5 Healthcare Industry Trends Happening in 2017
Following trends in the healthcare industry will help you better understand the political, medical, economical, and technological changes being used to support patient care and help cut operation costs.
The healthcare industry is continuing to become more stable and self-sufficient as the years go on. Inter-related industries such as banking, insurance, and healthcare vendors and suppliers will gain positive benefits from a lot of trends, but it’s the consumers who will benefit most from them.
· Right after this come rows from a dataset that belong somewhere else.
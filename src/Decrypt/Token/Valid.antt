-- ===== src/Decrypt/Token/Valid.antt =====
-- Which tokens `ParseDecryption` of apps/backupy-decrypt/internal/jwt/jwt.go takes.
use backupy_agent.Prelude.{
  ℕ, ◌*◌, ◌^◌, ◌≤◌, ◌≡◌, ◌≢◌, refl, sym, ap, ◌∙◌, Option, none, some, [], ◌∷◌, ok, ◌>>=◌, arith,
  >>=-passed, ok-injective, subst,
}
use backupy_agent.Prelude.Bytes.{Bytes, codes, ===_iff}
use backupy_agent.Prelude.Int.{ℤ, pos, negsuc}
use backupy_agent.Prelude.Maps.{find_key}
use backupy_agent.Decrypt.Token.{
  Json, string, float64, int64, int, number, other, Claims, DecryptionClaims, get_str, string_of,
  to_unix, get_number, number_or_zero, string_or_empty, is_after, check_issuer, check_audience,
  check_expiry, typed_claims,
}

-- A claim that is a non-empty string.
pub record Text (claims : Claims) (k s : Bytes) : Type 0 where
  pub found : find_key k claims ≡ some (string s)
  pub filled : s ≢ []

-- A time that has not passed.
abbrev pub InTime : ℕ → ℤ → Type 0
InTime now (pos seconds) = now ≤ seconds * 10 ^ 9
InTime now (negsuc n) = ⊥

string_of-some :
    (k : Bytes) (v : Option Json) (s : Bytes)
    → string_of k v ≡ ok s
    → (v ≡ some (string s)) × (s ≢ [])
unfolding string_of
string_of-some k none s h = absurd (ground arith)
string_of-some k (some (string [])) s h = absurd (ground arith)
string_of-some k (some (string (b ∷ bs))) s h = (ground arith, λ empty. ground arith)
string_of-some k (some (float64 n)) s h = absurd (ground arith)
string_of-some k (some (int64 n)) s h = absurd (ground arith)
string_of-some k (some (int n)) s h = absurd (ground arith)
string_of-some k (some (number n)) s h = absurd (ground arith)
string_of-some k (some other) s h = absurd (ground arith)

string_of-string : (k s : Bytes) → s ≢ [] → string_of k (some (string s)) ≡ ok s
unfolding string_of
string_of-string k [] h = absurd (h refl)
string_of-string k (b ∷ bs) h = refl

module _ (claims : Claims) (k : Bytes) where
  get_str-ok : {s : Bytes} → get_str claims k ≡ ok s → Text claims k s
  unfolding get_str
  get_str-ok {s} h =
      let (found, filled) = string_of-some k (find_key k claims) s h in
      record { found = found; filled = filled }

  get_str-Text : {s : Bytes} → Text claims k s → get_str claims k ≡ ok s
  unfolding get_str
  get_str-Text {s} t = rw t.found (string_of-string k s t.filled)

  get_number-ok : {n : ℤ} → get_number claims k ≡ ok n → to_unix (find_key k claims) ≡ some n
  unfolding get_number
  get_number-ok h = ground arith

  get_number-some : {n : ℤ} → to_unix (find_key k claims) ≡ some n → get_number claims k ≡ ok n
  unfolding get_number
  get_number-some h = ground arith

check_issuer-ok :
    (want got : Bytes) {s : Bytes} → check_issuer want got ≡ ok s → (got ≡ want) × (s ≡ got)
unfolding check_issuer
check_issuer-ok want got h = ground (arith, ===_iff got want)

check_audience-ok :
    (want got : Bytes) {s : Bytes} → check_audience want got ≡ ok s → (got ≡ want) × (s ≡ got)
unfolding check_audience
check_audience-ok want got h = ground (arith, ===_iff got want)

check_expiry-ok :
    (now : ℕ) (exp : ℤ) {e : ℤ} → check_expiry now exp ≡ ok e → InTime now exp × (e ≡ exp)
unfolding check_expiry is_after
check_expiry-ok now (pos seconds) h = ground arith
check_expiry-ok now (negsuc n) h = absurd (ground arith)

check_expiry-InTime : (now : ℕ) (exp : ℤ) → InTime now exp → check_expiry now exp ≡ ok exp
unfolding check_expiry is_after
check_expiry-InTime now (pos seconds) h = ground arith
check_expiry-InTime now (negsuc n) h = absurd h

module _ (now : ℕ) (iss aud : Bytes) (claims : Claims) where
  -- The claims that make a token one for this tool, and how the typed view reads them.
  pub record IsValid (c : DecryptionClaims) : Type 0 where
    pub issuer : Text claims (codes "iss") c.issuer
    pub for_issuer : c.issuer ≡ iss
    pub audience : Text claims (codes "aud") c.audience
    pub for_audience : c.audience ≡ aud
    pub expiry : to_unix (find_key (codes "exp") claims) ≡ some c.expires_at
    pub in_time : InTime now c.expires_at
    pub subject : Text claims (codes "sub") c.subject
    pub run_id : Text claims (codes "run_id") c.run_id
    pub company_id : Text claims (codes "company_id") c.company_id
    pub dek : Text claims (codes "dek") c.dek_base64
    pub algorithm : Text claims (codes "alg") c.algorithm
    pub version : to_unix (find_key (codes "format_version") claims) ≡ some c.format_version
    pub issued : c.issued_at ≡ number_or_zero (to_unix (find_key (codes "iat") claims))
    pub hash : c.sha256 ≡ string_or_empty (find_key (codes "sha256") claims)

  pub typed_claims-ok : (c : DecryptionClaims) → typed_claims now iss aud claims ≡ ok c → IsValid c
  unfolding typed_claims
  typed_claims-ok c h0 =
      let (i, hi, h1) = >>=-passed (get_str claims (codes "iss") >>= check_issuer iss) _ h0 in
      let (i', hi', ci) = >>=-passed (get_str claims (codes "iss")) _ hi in
      let (a, ha, h2) = >>=-passed (get_str claims (codes "aud") >>= check_audience aud) _ h1 in
      let (a', ha', ca) = >>=-passed (get_str claims (codes "aud")) _ ha in
      let (e, he, h3) = >>=-passed (get_number claims (codes "exp") >>= check_expiry now) _ h2 in
      let (e', he', ce) = >>=-passed (get_number claims (codes "exp")) _ he in
      let (s, hs, h4) = >>=-passed (get_str claims (codes "sub")) _ h3 in
      let (r, hr, h5) = >>=-passed (get_str claims (codes "run_id")) _ h4 in
      let (o, ho, h6) = >>=-passed (get_str claims (codes "company_id")) _ h5 in
      let (d, hd, h7) = >>=-passed (get_str claims (codes "dek")) _ h6 in
      let (g, hg, h8) = >>=-passed (get_str claims (codes "alg")) _ h7 in
      let (v, hv, h9) = >>=-passed (get_number claims (codes "format_version")) _ h8 in
      let (i_is, i_eq) = check_issuer-ok iss i' ci in
      let (a_is, a_eq) = check_audience-ok aud a' ca in
      let (in_time, e_eq) = check_expiry-ok now e' ce in
      let good : DecryptionClaims = record {
        issuer = i;
        subject = s;
        audience = a;
        issued_at = number_or_zero (to_unix (find_key (codes "iat") claims));
        expires_at = e;
        run_id = r;
        company_id = o;
        dek_base64 = d;
        algorithm = g;
        format_version = v;
        sha256 = string_or_empty (find_key (codes "sha256") claims);
      } in
      let same : good ≡ c = ok-injective refl refl h9 in
      subst IsValid same (record {
        issuer = get_str-ok claims (codes "iss") (hi' ∙ ap ok (sym i_eq));
        for_issuer = i_eq ∙ i_is;
        audience = get_str-ok claims (codes "aud") (ha' ∙ ap ok (sym a_eq));
        for_audience = a_eq ∙ a_is;
        expiry = get_number-ok claims (codes "exp") (he' ∙ ap ok (sym e_eq));
        in_time = subst (InTime now) (sym e_eq) in_time;
        subject = get_str-ok claims (codes "sub") hs;
        run_id = get_str-ok claims (codes "run_id") hr;
        company_id = get_str-ok claims (codes "company_id") ho;
        dek = get_str-ok claims (codes "dek") hd;
        algorithm = get_str-ok claims (codes "alg") hg;
        version = get_number-ok claims (codes "format_version") hv;
        issued = refl;
        hash = refl;
      })

  issuer_passes :
      (c : DecryptionClaims)
      → IsValid c
      → (get_str claims (codes "iss") >>= check_issuer iss) ≡ ok c.issuer
  unfolding check_issuer
  issuer_passes c v =
      let same = (===_iff c.issuer iss).1 v.for_issuer in
      rw (get_str-Text claims (codes "iss") v.issuer, same) refl

  audience_passes :
      (c : DecryptionClaims)
      → IsValid c
      → (get_str claims (codes "aud") >>= check_audience aud) ≡ ok c.audience
  unfolding check_audience
  audience_passes c v =
      let same = (===_iff c.audience aud).1 v.for_audience in
      rw (get_str-Text claims (codes "aud") v.audience, same) refl

  expiry_passes :
      (c : DecryptionClaims)
      → IsValid c
      → (get_number claims (codes "exp") >>= check_expiry now) ≡ ok c.expires_at
  expiry_passes c v =
      rw (get_number-some claims (codes "exp") v.expiry)
        (check_expiry-InTime now c.expires_at v.in_time)

  pub typed_claims-IsValid :
      (c : DecryptionClaims) → IsValid c → typed_claims now iss aud claims ≡ ok c
  unfolding typed_claims
  typed_claims-IsValid c v =
      let issued = sym v.issued in
      let hash = sym v.hash in
      rw
        (
          typed_claims,
          issuer_passes c v,
          audience_passes c v,
          expiry_passes c v,
          get_str-Text claims (codes "sub") v.subject,
          get_str-Text claims (codes "run_id") v.run_id,
          get_str-Text claims (codes "company_id") v.company_id,
          get_str-Text claims (codes "dek") v.dek,
          get_str-Text claims (codes "alg") v.algorithm,
          get_number-some claims (codes "format_version") v.version,
          issued,
          hash,
        )
        refl
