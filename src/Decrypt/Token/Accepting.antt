-- ===== src/Decrypt/Token/Accepting.antt =====
-- `ParseDecryption` of apps/backupy-decrypt/internal/jwt/jwt.go, from the text of the token on.
use backupy_agent.Prelude.{
  ℕ, ◌≡◌, ◌↔◌, refl, sym, List, [], ◌∷◌, ◌++◌, Result, ok, err, map_err, arith, All, >>=-passed,
}
use backupy_agent.Prelude.Bytes.{Bytes}
use backupy_agent.Prelude.Strings.{split, join, Lacks, split-word, split-append, split_lem}
use backupy_agent.Decrypt.Token.{
  Claims, Decoders, TokenError, DecryptionClaims, payload_segment, parse, parse_decryption,
}
use backupy_agent.Decrypt.Token.Valid.{IsValid, typed_claims-ok, typed_claims-IsValid}

map_err-ok : {E F A : Type 0} (f : E → F) (r : Result E A) {a : A} → map_err f r ≡ ok a → r ≡ ok a
map_err-ok f (ok b) h = ground arith
map_err-ok f (err e) h = absurd (ground arith)

payload_segment-ok :
    (ws : List Bytes) {p : Bytes}
    → payload_segment ws ≡ ok p
    → (h : Bytes) × (s : Bytes) × (ws ≡ h ∷ p ∷ s ∷ [])
unfolding payload_segment
payload_segment-ok [] e = absurd (ground arith)
payload_segment-ok (a ∷ []) e = absurd (ground arith)
payload_segment-ok (a ∷ b ∷ []) e = absurd (ground arith)
payload_segment-ok (a ∷ b ∷ c ∷ []) e = (a, c, ground arith)
payload_segment-ok (a ∷ b ∷ c ∷ d ∷ rest) e = absurd (ground arith)

-- Three texts without a dot, joined by dots, of which the second decodes to JSON claims.
pub record Carries (d : Decoders) (token : Bytes) (claims : Claims) : Type 0 where
  pub header : Bytes
  pub payload : Bytes
  pub signature : Bytes
  pub json : Bytes
  pub joined : token ≡ header ++ (46 ∷ (payload ++ (46 ∷ signature)))
  pub dotless : Lacks 46 header × Lacks 46 payload × Lacks 46 signature
  pub decoded : d.raw_url payload ≡ ok json
  pub unmarshalled : d.unmarshal json ≡ ok claims

module _ (d : Decoders) (token : Bytes) (claims : Claims) where
  parse-ok : parse d token ≡ ok claims → Carries d token claims
  unfolding parse join
  parse-ok h =
      let (payload, hp, h1) = >>=-passed (payload_segment (split 46 token)) _ h in
      let (json, hj, hc) =
        >>=-passed (map_err TokenError.payload_base64 (d.raw_url payload)) _ h1 in
      let (header, signature, parts) = payload_segment-ok (split 46 token) hp in
      let (joined, lacks, some_word) = split_lem 46 token in
      let dotless : All (Lacks 46) (header ∷ payload ∷ signature ∷ []) = rw parts at lacks in
      let whole : join 46 (header ∷ payload ∷ signature ∷ []) ≡ token = rw parts at joined in
      record {
        header = header;
        payload = payload;
        signature = signature;
        json = json;
        joined = sym whole;
        dotless = (dotless.0, dotless.1.0, dotless.1.1.0);
        decoded = map_err-ok TokenError.payload_base64 (d.raw_url payload) hj;
        unmarshalled = map_err-ok TokenError.payload_json (d.unmarshal json) hc;
      }

  parse-Carries : Carries d token claims → parse d token ≡ ok claims
  unfolding parse payload_segment
  parse-Carries t =
      let (lh, lp, ls) = t.dotless in
      let parts : split 46 (t.header ++ (46 ∷ (t.payload ++ (46 ∷ t.signature))))
          ≡ t.header ∷ t.payload ∷ t.signature ∷ [] =
        rw
          (
            split-append 46 t.header (t.payload ++ (46 ∷ t.signature)) lh,
            split-append 46 t.payload t.signature lp,
            split-word 46 t.signature ls,
          )
          refl in
      rw (t.joined, parse, parts, t.decoded, t.unmarshalled) refl

module _ (d : Decoders) (now : ℕ) (iss aud token : Bytes) (c : DecryptionClaims) where
  -- A token is taken, with the typed claims `c`, exactly when it is three texts without a dot, joined
  -- by dots, whose second is base64 of JSON claims in which issuer, audience, subject, run,
  -- company, key and algorithm are non-empty strings, the first two as expected, the expiry is a
  -- number that has not passed, and the format version is a number; `c` holds just these claims, the
  -- issue time or 0, and the hash or an empty one.
  pub parse_decryption_iff :
      (parse_decryption d now iss aud token ≡ ok c)
      ↔ ((claims : Claims) × Carries d token claims × IsValid now iss aud claims c)
  unfolding parse_decryption
  parse_decryption_iff = (
    λ h.
        let (claims, parsed, typed) = >>=-passed (parse d token) _ h in
        (claims, parse-ok d token claims parsed, typed_claims-ok now iss aud claims c typed),
    λ t.
        rw (parse_decryption, parse-Carries d token t.0 t.1)
          (typed_claims-IsValid now iss aud t.0 c t.2),
  )
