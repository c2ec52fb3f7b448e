-- ===== src/Discovery.antt =====
-- apps/agent/internal/discovery: which containers of the Docker daemon run a database.
pub mod Images
pub mod Ports
pub mod Env
pub mod Scan
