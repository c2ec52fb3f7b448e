-- ===== src/Discovery/Images/Matching.antt =====
-- Which images `detectDBType` of apps/agent/internal/discovery/docker.go recognises.
use backupy_agent.Prelude.{
  ℕ, ◌≡◌, ◌⊎◌, refl, sym, ◌∙◌, ap, subst, true, false, Bool-cases, inl, inr, List, [], ◌∷◌, ◌++◌,
  length, take, drop, ◌==◌, arith, take-append-drop, take-append, drop-append, append_assoc,
  append-nil, ==_iff,
}
use backupy_agent.Prelude.Bytes.{Bytes, codes, ◌===◌, ===_iff, ===_refl}
use backupy_agent.Prelude.Strings.{has_prefix, contains_byte}
use backupy_agent.Discovery.Images.{
  db_type_by_image_prefix, is_alnum_extension, ends_name, rule_matches, first_rule, detect_db_type,
  normalise_image,
}

has_prefix_rest : (b p : Bytes) → has_prefix b p ≡ true → b ≡ p ++ drop (length p) b
unfolding has_prefix
has_prefix_rest b p h =
    let front : take (length p) b ≡ p = (===_iff (take (length p) b) p).0 h in
    sym (take-append-drop (length p) b) ∙ ap (λ l. l ++ drop (length p) b) front

has_prefix-append : (p rest : Bytes) → has_prefix (p ++ rest) p ≡ true
unfolding has_prefix
has_prefix-append p rest = rw (take-append p rest (length p) refl) (===_refl p)

-- A name that goes on behind the prefix as a tag, a path, or in one of the ways that are let through.
abbrev pub Names : Bytes → Bytes → Type 0
Names prefix norm =
    (rest : Bytes) × (norm ≡ prefix ++ rest)
    × ((ends_name rest ≡ true) ⊎ (is_alnum_extension prefix rest ≡ true))

extension_bare :
    (prefix rest : Bytes) → is_alnum_extension prefix rest ≡ true → contains_byte 47 prefix ≡ false
extension_bare prefix rest h = elim (Bool-cases (prefix === codes "postgres")) [
  | inl pg ↦ rw ((===_iff prefix (codes "postgres")).0 pg) (unfold contains_byte in refl)
  | inr other ↦ elim (Bool-cases (prefix === codes "mysql")) [
    | inl my ↦ rw ((===_iff prefix (codes "mysql")).0 my) (unfold contains_byte in refl)
    | inr unknown ↦ absurd (unfold is_alnum_extension in ground arith)
  ]
]

module _ (prefix norm : Bytes) where
  rule_matches-Names : rule_matches prefix norm ≡ true → Names prefix norm
  unfolding rule_matches ends_name
  rule_matches-Names h = elim (Bool-cases (norm === prefix)) [
    | inl same ↦ ([], (===_iff norm prefix).0 same ∙ sym (append-nil prefix), inl refl)
    | inr other ↦ elim (Bool-cases (has_prefix norm (prefix ++ codes ":"))) [
      | inl tagged ↦
          let tag = drop (length (prefix ++ codes ":")) norm in
          (
            58 ∷ tag,
            has_prefix_rest norm (prefix ++ codes ":") tagged ∙ append_assoc prefix (codes ":") tag,
            inl refl,
          )
      | inr untagged ↦ elim (Bool-cases (has_prefix norm (prefix ++ codes "/"))) [
        | inl nested ↦
            let path = drop (length (prefix ++ codes "/")) norm in
            (
              47 ∷ path,
              has_prefix_rest norm (prefix ++ codes "/") nested
                  ∙ append_assoc prefix (codes "/") path,
              inl refl,
            )
        | inr flat ↦
            let begins : has_prefix norm prefix ≡ true = ground arith in
            let rest = drop (length prefix) norm in
            (
              rest,
              has_prefix_rest norm prefix begins,
              elim (Bool-cases (ends_name rest)) [
                | inl ends ↦ inl ends
                | inr goes_on ↦ inr (ground arith)
              ],
            )
      ]
    ]
  ]

  begins_with :
      (c : ℕ) (cs : Bytes) → norm ≡ prefix ++ (c ∷ cs) → has_prefix norm (prefix ++ (c ∷ [])) ≡ true
  begins_with c cs e =
      subst (λ (n : Bytes). has_prefix n (prefix ++ (c ∷ [])) ≡ true)
        (append_assoc prefix (c ∷ []) cs ∙ sym e) (has_prefix-append (prefix ++ (c ∷ [])) cs)

  ends-rule_matches :
      (rest : Bytes)
      → norm ≡ prefix ++ rest
      → ends_name rest ≡ true
      → rule_matches prefix norm ≡ true
  unfolding rule_matches ends_name
  ends-rule_matches [] e ends =
      let same : (norm === prefix) ≡ true = (===_iff norm prefix).1 (e ∙ append-nil prefix) in
      ground arith
  ends-rule_matches (c ∷ cs) e ends = elim (Bool-cases (c == 58)) [
    | inl tag ↦
        let colon : c ≡ 58 = (==_iff c 58).0 tag in
        let tagged : has_prefix norm (prefix ++ codes ":") ≡ true =
          subst (λ (n : ℕ). has_prefix norm (prefix ++ (n ∷ [])) ≡ true) colon
            (begins_with c cs e) in
        ground arith
    | inr other ↦
        let slash : c ≡ 47 = ground arith in
        let nested : has_prefix norm (prefix ++ codes "/") ≡ true =
          subst (λ (n : ℕ). has_prefix norm (prefix ++ (n ∷ [])) ≡ true) slash
            (begins_with c cs e) in
        ground arith
  ]

  extension-rule_matches :
      (rest : Bytes)
      → norm ≡ prefix ++ rest
      → is_alnum_extension prefix rest ≡ true
      → rule_matches prefix norm ≡ true
  unfolding rule_matches
  extension-rule_matches rest e ext =
      let bare = extension_bare prefix rest ext in
      let begins : has_prefix norm prefix ≡ true =
        subst (λ (n : Bytes). has_prefix n prefix ≡ true) (sym e) (has_prefix-append prefix rest) in
      let behind : drop (length prefix) norm ≡ rest =
        ap (drop (length prefix)) e ∙ drop-append prefix rest (length prefix) refl in
      let let_through : is_alnum_extension prefix (drop (length prefix) norm) ≡ true =
        ap (is_alnum_extension prefix) behind ∙ ext in
      ground arith

  Names-rule_matches : Names prefix norm → rule_matches prefix norm ≡ true
  Names-rule_matches (rest, e, inl ends) = ends-rule_matches rest e ends
  Names-rule_matches (rest, e, inr ext) = extension-rule_matches rest e ext

module _ (norm : Bytes) where
  -- The type of the first rule that names the image, and no type where none does.
  pub data Decided : List (Bytes × Bytes) → Bytes → Type 0 where
    unknown : Decided [] []
    here :
        (prefix db_type : Bytes) (rules : List (Bytes × Bytes))
        → Names prefix norm
        → Decided ((prefix, db_type) ∷ rules) db_type
    later :
        (prefix other db_type : Bytes) (rules : List (Bytes × Bytes))
        → ¬ Names prefix norm
        → Decided rules db_type
        → Decided ((prefix, other) ∷ rules) db_type

  first_rule-Decided : (rules : List (Bytes × Bytes)) → Decided rules (first_rule rules norm)
  unfolding first_rule
  first_rule-Decided [] = unknown
  first_rule-Decided ((prefix, db_type) ∷ rules) = elim (Bool-cases (rule_matches prefix norm)) [
    | inl names ↦ rw names (here prefix db_type rules (rule_matches-Names prefix norm names))
    | inr passes ↦ rw passes (
        later prefix db_type (first_rule rules norm) rules
          (λ n. cc (Names-rule_matches prefix norm n, passes)) (first_rule-Decided rules))
  ]

-- An image has the type of the first rule of the table whose prefix is all of its normalised name, or is
-- followed there by a tag or a path, by "ql" if it is "postgres", or by digits if it is "mysql";
-- it has no type if there is no such rule.
pub detect_db_type-Decided :
    (image : Bytes) → Decided (normalise_image image) db_type_by_image_prefix (detect_db_type image)
unfolding detect_db_type
detect_db_type-Decided image = first_rule-Decided (normalise_image image) db_type_by_image_prefix
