-- ===== src/Discovery/Ports/Reading.antt =====
-- `parsePort` of apps/agent/internal/discovery/docker.go against the numbers that decimals stand for.
use backupy_agent.Prelude.{
  ℕ, ◌+◌, ◌-◌, ◌*◌, ◌%◌, ◌^◌, ◌≤◌, ◌≡◌, refl, false, not, ◌&&◌, Bool-cases, inl, inr, List, [], ◌∷◌,
  ltb, leb, ◌==◌, if◌then◌else◌, arith, ltb→lt, lt→leb, All, All-append, ◌≢◌, ap, Option-cases,
}
use backupy_agent.Prelude.Bytes.{Bytes, is_empty}
use backupy_agent.Prelude.Strings.{to_lower, trim_space, cut_at}
use backupy_agent.Discovery.Images.{is_digit, all_digits}
use backupy_agent.Discovery.Ports.{
  PortBinding, parse_digits, parse_port, default_proto, parse_port_key, bind_all, ports_of_key,
  ports_from_inspect,
}

-- The number that decimal digits stand for, behind those that stand for `v`.
unfoldable pub value_from : ℕ → Bytes → ℕ
value_from v [] = v
value_from v (c ∷ cs) = value_from (v * 10 + (c - 48)) cs

value_from_grows : (v : ℕ) (cs : Bytes) → v ≤ value_from v cs
unfolding value_from
value_from_grows v [] = omega arith
value_from_grows v (c ∷ cs) = omega (arith, value_from_grows (v * 10 + (c - 48)) cs)

parse_digits-value_from :
    (cs : Bytes) (v : ℕ)
    → v ≤ 65535
    → parse_digits cs v
      ≡ (if all_digits cs && leb (value_from v cs) 65535 then value_from v cs else 0)
unfolding parse_digits all_digits value_from
parse_digits-value_from [] v h = ground arith
parse_digits-value_from (c ∷ cs) v h =
    let v' = v * 10 + (c - 48) in
    elim (Bool-cases (is_digit c)) [
      | inr bad ↦ rw bad refl
      | inl digit ↦
          let fits : v' % 2 ^ 32 ≡ v' = ground arith in
          elim (Bool-cases (ltb 65535 v')) [
            | inl over ↦
                let large : leb (value_from v' cs) 65535 ≡ false =
                  lt→leb (value_from v' cs) 65535
                    (omega (arith, value_from_grows v' cs, ltb→lt 65535 v' over)) in
                rw (digit, fits, over, large) (ground arith)
            | inr small ↦ rw (digit, fits, small) (parse_digits-value_from cs v' (ground arith))
          ]
    ]

-- `parsePort` is the decimal reading cut to ports: on a non-empty text of digits that stands for at
-- most 65535, with any leading zeros, it gives that number, and on any other text 0.
pub parse_port-value_from :
    (s : Bytes)
    → parse_port s ≡ (
        if not (is_empty s) && (all_digits s && leb (value_from 0 s) 65535)
        then value_from 0 s
        else 0)
unfolding parse_port
parse_port-value_from [] = refl
parse_port-value_from (c ∷ cs) = parse_digits-value_from (c ∷ cs) 0 (omega arith)

parse_port_bound : (s : Bytes) → parse_port s ≤ 65535
parse_port_bound s = ground (arith, parse_port-value_from s)

-- A port that a container can have, with a host port or none, under a protocol that is named.
pub record IsBinding (p : PortBinding) : Type 0 where
  pub port_positive : 1 ≤ p.container_port
  pub port_fits : p.container_port ≤ 65535
  pub host_fits : p.host_port ≤ 65535
  pub named : p.protocol ≢ []

default_proto-ne-nil : (p : Bytes) → default_proto p ≢ []
unfolding default_proto
default_proto-ne-nil p h = elim (Bool-cases (is_empty (to_lower (trim_space p)))) [
  | inl empty ↦ absurd (ground arith)
  | inr filled ↦
      let e : to_lower (trim_space p) ≡ [] = ground arith in
      absurd (ground (arith, ap (λ (b : Bytes). is_empty b) e))
]

parse_port_key_bound :
    (key : Bytes) → ((parse_port_key key).0 ≤ 65535) × ((parse_port_key key).1 ≢ [])
unfolding parse_port_key
parse_port_key_bound key = elim (Option-cases (cut_at 47 key)) [
  | inl whole ↦ rw (parse_port_key, whole) (parse_port_bound key, λ h. ground arith)
  | inr ((port, proto), cut) ↦
      rw (parse_port_key, cut) (parse_port_bound port, default_proto-ne-nil proto)
]

module _ (port : ℕ) (proto : Bytes) (low : 1 ≤ port) (high : port ≤ 65535)
    (named : proto ≢ []) where
  bind_all-IsBinding : (hosts : List Bytes) → All IsBinding (bind_all port proto hosts)
  unfolding bind_all
  bind_all-IsBinding [] = tt
  bind_all-IsBinding (host ∷ hosts) = (
    record {
      port_positive = low;
      port_fits = high;
      host_fits = parse_port_bound host;
      named = named;
    },
    bind_all-IsBinding hosts,
  )

  ports_of_key-IsBinding : (hosts : List Bytes) → All IsBinding (ports_of_key port proto hosts)
  unfolding ports_of_key
  ports_of_key-IsBinding [] =
      (record { port_positive = low; port_fits = high; host_fits = omega arith; named = named }, tt)
  ports_of_key-IsBinding (host ∷ hosts) = bind_all-IsBinding (host ∷ hosts)

-- Whatever text the daemon gives for ports, each binding that is read of it has a container port
-- from 1 to 65535, a host port up to 65535, 0 where it is not published, and a protocol.
pub ports_from_inspect-IsBinding :
    (entries : List (Bytes × List Bytes)) → All IsBinding (ports_from_inspect entries)
unfolding ports_from_inspect
ports_from_inspect-IsBinding [] = tt
ports_from_inspect-IsBinding ((key, hosts) ∷ entries) =
    let (port, proto) = parse_port_key key in
    let (fits, named) = parse_port_key_bound key in
    let rest = ports_from_inspect-IsBinding entries in
    elim (Bool-cases (port == 0)) [
      | inl zero_port ↦ rw zero_port rest
      | inr some_port ↦ rw some_port (
          All-append IsBinding (ports_of_key port proto hosts) (ports_from_inspect entries)
            (ports_of_key-IsBinding port proto (ground arith) fits named hosts) rest)
    ]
This is especially true when it comes to technology which will allow patients to easily lead better, healthier lives by use of their phones or tablets for online video consultations without ever leaving home.
Medicare Access and CHIP Reauthorization Act (MACRA)
Payers and physicians believe MACRA will dramatically change the way providers will receive payments in America. Some concerns of MACRA include:
- Providers not being aware of MACRA.
- It’s challenging to extend the programs to rural and small practices.
- The implementation of MACRA is difficult due to it being a 2400 page long comprehensive document.
Affordable Care Act (ACA)
One of President Donald Trump’s top priorities is repealing and replacing Obamacare, although complete repeal of ACA may not be the best choice for many reasons such as not knowing:
- What will happen to provisions such as being able to wave the pre-existing conditions clause?
- Will children be covered under their parents insurance?
- How many people will become insured or lose insurance?
Medical cost growth is estimated to be 6.5% with prices continuing to be major drivers of healthcare costs according to PwC. An increase in the US economy is gaining greater inflation rates, affecting the labor-intensive health sector, increasing wages, and medical prices. Employers are looking at new cost containment strategies such as working with providers to help lower healthcare prices beyond increasing costs through high deductible plans.
Biosimilars are alternative drugs generated from living organisms, which can cause tiny differences each time batches of the medicine are made. Unlike generic drugs which are made by using the same formula to create a copy of another drug, the biological medicine people take may not be the same every time they take it. With drug prices continuing to rise, the adoption of biosimilars in the United States can open up the door for lower healthcare costs and better patient access.
Empowerment with Wearable Technology
Often, patients are more likely to take over control of their health management when they are more aware of their conditions, allowing for better outcomes and lower cost of care. Combining a person’s data from a lifetime of medical records and putting their information into wearable devices by way of artificial intelligence (AI) as well as having experienced doctors and nurses, allows patients to receive information such as simple reminders, encouragement, or warnings over social media or through their smartphone apps.